Thursday, 17 February 2011

Smocking and the Exquisite English Agricultural Smock

Last night, I taught a workshop on smocking.  Clara, one of the members of Bricolage asked me to join them in their pop up to teach smocking.  Practically, I can't say that I am an expert but I can smock and it is a form of embroidery that sadly is now associated with more with twee children's wear than with English agricultural smock.

The English agriculture smock is possibly one of the most beautiful pieces of historic dress.  Traditionally worn by 19th century agricultural workers, one could almost say it is an expression of English folk art.  Unfortunately, historians until comparatively recently, haven't really been concerned with working class way of life so many of these exquisite garments have been lost.

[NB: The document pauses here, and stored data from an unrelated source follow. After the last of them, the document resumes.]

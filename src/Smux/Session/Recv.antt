-- ===== src/Smux/Session/Recv.antt =====
-- recvLoop and keepalive of lib/smux/session.go.
pub mod Cases
use revese_server.Base.{
  zero, ℕ, suc, ◌+◌, ◌-◌, ◌%◌, Bool, true, false, not, List, [], ◌∷◌, ◌++◌, Option, none, some,
  ◌==◌, ltb, length, add32, sub32, lt32, if◌then◌else◌, ◌&&◌, ◌||◌,
}
use revese_server.Base.Maps.{lookup, insert}
use revese_server.Smux.Frame.{
  Frame, new_frame, cmd_syn, cmd_fin, cmd_psh, cmd_nop, cmd_ack, cmd_ful, cmd_emp, read_frame,
  ReadResult, frame, failed, panicked,
}
use revese_server.Smux.Config.{Config}
use revese_server.Smux.Stream.{Stream, mark_rst, notify_read_event, pause_write, resume_write}
use revese_server.Smux.Session.{
  Session, Env, put_stream, alloc_stream, write_frame, notify_bucket, close, default_accept_backlog,
}
use revese_server.Smux.Session.Flow.{push_bytes}

-- What the handling of a frame comes to: the loop goes on, it waits for room in the accept queue for
-- the object of that number with the stream lock held, or it has closed the session and returned.
pub data Handled : Type 0 where
  next : Session → Handled
  waits : Session → ℕ → Handled
  ended : Session → Handled

-- select { case s.chAccepts <- stream: case <-s.die: }. `taken` chooses where both are ready.
unfoldable pub offer_accept : Env → Session → ℕ → Handled
offer_accept env s p =
    if ltb (length s.ch_accepts) default_accept_backlog && (not s.die || env.taken)
    then next (record s { ch_accepts = s.ch_accepts ++ (p ∷ []) })
    else if s.die
    then next s
    else waits s p

unfoldable pub handle_nop : Env → Session → Frame → Session
handle_nop env s f =
    if s.config.enable_stream_buffer then (write_frame env s (new_frame cmd_ack f.sid)).0 else s

unfoldable pub handle_syn : Env → Session → Frame → Handled
handle_syn env s f = elim (lookup f.sid s.streams) [
  | some p ↦ next s
  | none ↦
      let p = s.next_ptr in
      let s' = alloc_stream env s f.sid in
      offer_accept env (record s' { streams = insert f.sid p s'.streams }) p
]

unfoldable pub handle_fin : Session → Frame → Session
handle_fin s f = elim (lookup f.sid s.streams) [
  | none ↦ s
  | some p ↦ put_stream s p (notify_read_event (mark_rst (s.objects p)))
]

unfoldable pub wake_reader : Session → ℕ → Session
wake_reader s p = put_stream s p (notify_read_event (s.objects p))

unfoldable pub handle_psh : Env → Session → Frame → Session
handle_psh env s f = elim (lookup f.sid s.streams) [
  | none ↦ s
  | some p ↦
      wake_reader
        (push_bytes env (record s { bucket = sub32 s.bucket (length f.payload) }) p f.payload) p
]

unfoldable pub handle_ful : Session → Frame → Session
handle_ful s f = elim (lookup f.sid s.streams) [
  | none ↦ s
  | some p ↦ put_stream s p (pause_write (s.objects p))
]

unfoldable pub handle_emp : Session → Frame → Session
handle_emp s f = elim (lookup f.sid s.streams) [
  | none ↦ s
  | some p ↦ put_stream s p (notify_read_event (resume_write (s.objects p)))
]

unfoldable pub handle_ack : Env → Session → Frame → Session
handle_ack env s f = if f.sid == s.rtt_sn then record s { rtt = env.now - s.rtt_test + 1 } else s

-- The switch of recvLoop, after dataReady is set.
unfoldable pub handle_frame : Env → Session → Frame → Handled
handle_frame env s f =
    let s' = record s { data_ready = true } in
    if f.cmd == cmd_nop
    then next (handle_nop env s' f)
    else if f.cmd == cmd_syn
    then handle_syn env s' f
    else if f.cmd == cmd_fin
    then next (handle_fin s' f)
    else if f.cmd == cmd_psh
    then next (handle_psh env s' f)
    else if f.cmd == cmd_ful
    then next (handle_ful s' f)
    else if f.cmd == cmd_emp
    then next (handle_emp s' f)
    else if f.cmd == cmd_ack
    then next (handle_ack env s' f)
    else ended (close s').0

-- One round of recvLoop on the bytes that the connection still delivers.
pub data Round : Type 0 where
  no_tokens : Session → Round
  handled : Handled → List ℕ → Round
  crashed : Session → Round

-- With no tokens the loop waits on bucketNotify, and takes the token that lies there.
unfoldable pub recv_round : Env → Session → List ℕ → Round
recv_round env s input =
    if not (lt32 0 s.bucket) && not s.die
    then no_tokens (record s { bucket_notify = false })
    else elim (read_frame input) [
      | frame f rest ↦ handled (handle_frame env s f) rest
      | failed e ↦ handled (ended (close s).0) input
      | panicked ↦ crashed s
    ]

-- n rounds of recvLoop, or fewer if it stops: round n of what is left runs in the environment envs n.
unfoldable pub recv_rounds : ℕ → (ℕ → Env) → Session → List ℕ → Round
recv_rounds zero envs s input = handled (next s) input
recv_rounds (suc n) envs s input = elim (recv_round (envs n) s input) [
  | no_tokens t ↦ no_tokens t
  | handled h rest ↦ elim h [
    | next t ↦ recv_rounds n envs t rest
    | waits t p ↦ handled (waits t p) rest
    | ended t ↦ handled (ended t) rest
  ]
  | crashed t ↦ crashed t
]

-- The ping of keepalive, at its start and at each tick; the tick also signals recvLoop.
unfoldable pub ping : Env → Session → Session
ping env s =
    let sn = (s.rtt_sn + 1) % 4294967296 in
    (write_frame env (record s { rtt_test = env.now; rtt_sn = sn }) (new_frame cmd_nop sn)).0

unfoldable pub tick_ping : Env → Session → Session
unfolding ping
tick_ping env s = notify_bucket (ping env s)

-- The timeout tick: the session closes unless a frame has arrived since the last one.
unfoldable pub tick_timeout : Session → Session
tick_timeout s = if s.data_ready then record s { data_ready = false } else (close s).0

The smock was worn for both labour and leisure and the design embroidered on the labour's smocks were and expression of a living art connected inextricably linked with a past tradition.  As well as being 'smocked' they are embroidered with decorative patterns, including circles, triangles, ovals and lozenge shapes.  Amazing that these highly functional garments were ornamented with such care, dexterity and one hopes enjoyment.

Since, I was in my teens I have been fascinated by these garments and smocking is a beautiful way of gathering cloth together.  Yes, it is time consuming and does use a lot of fabric but done well the result is gorgeous.  Reclaim smocking - bring it back and make it modern.

These two photos are from an old book entitled 'English Folk Embroidery' (1963) written by Oenone Cave and published by non other than Mills & Boon.  Obviously, at that point there was another string to their bow other than romance.  Great book and with really excellent photos (black and white).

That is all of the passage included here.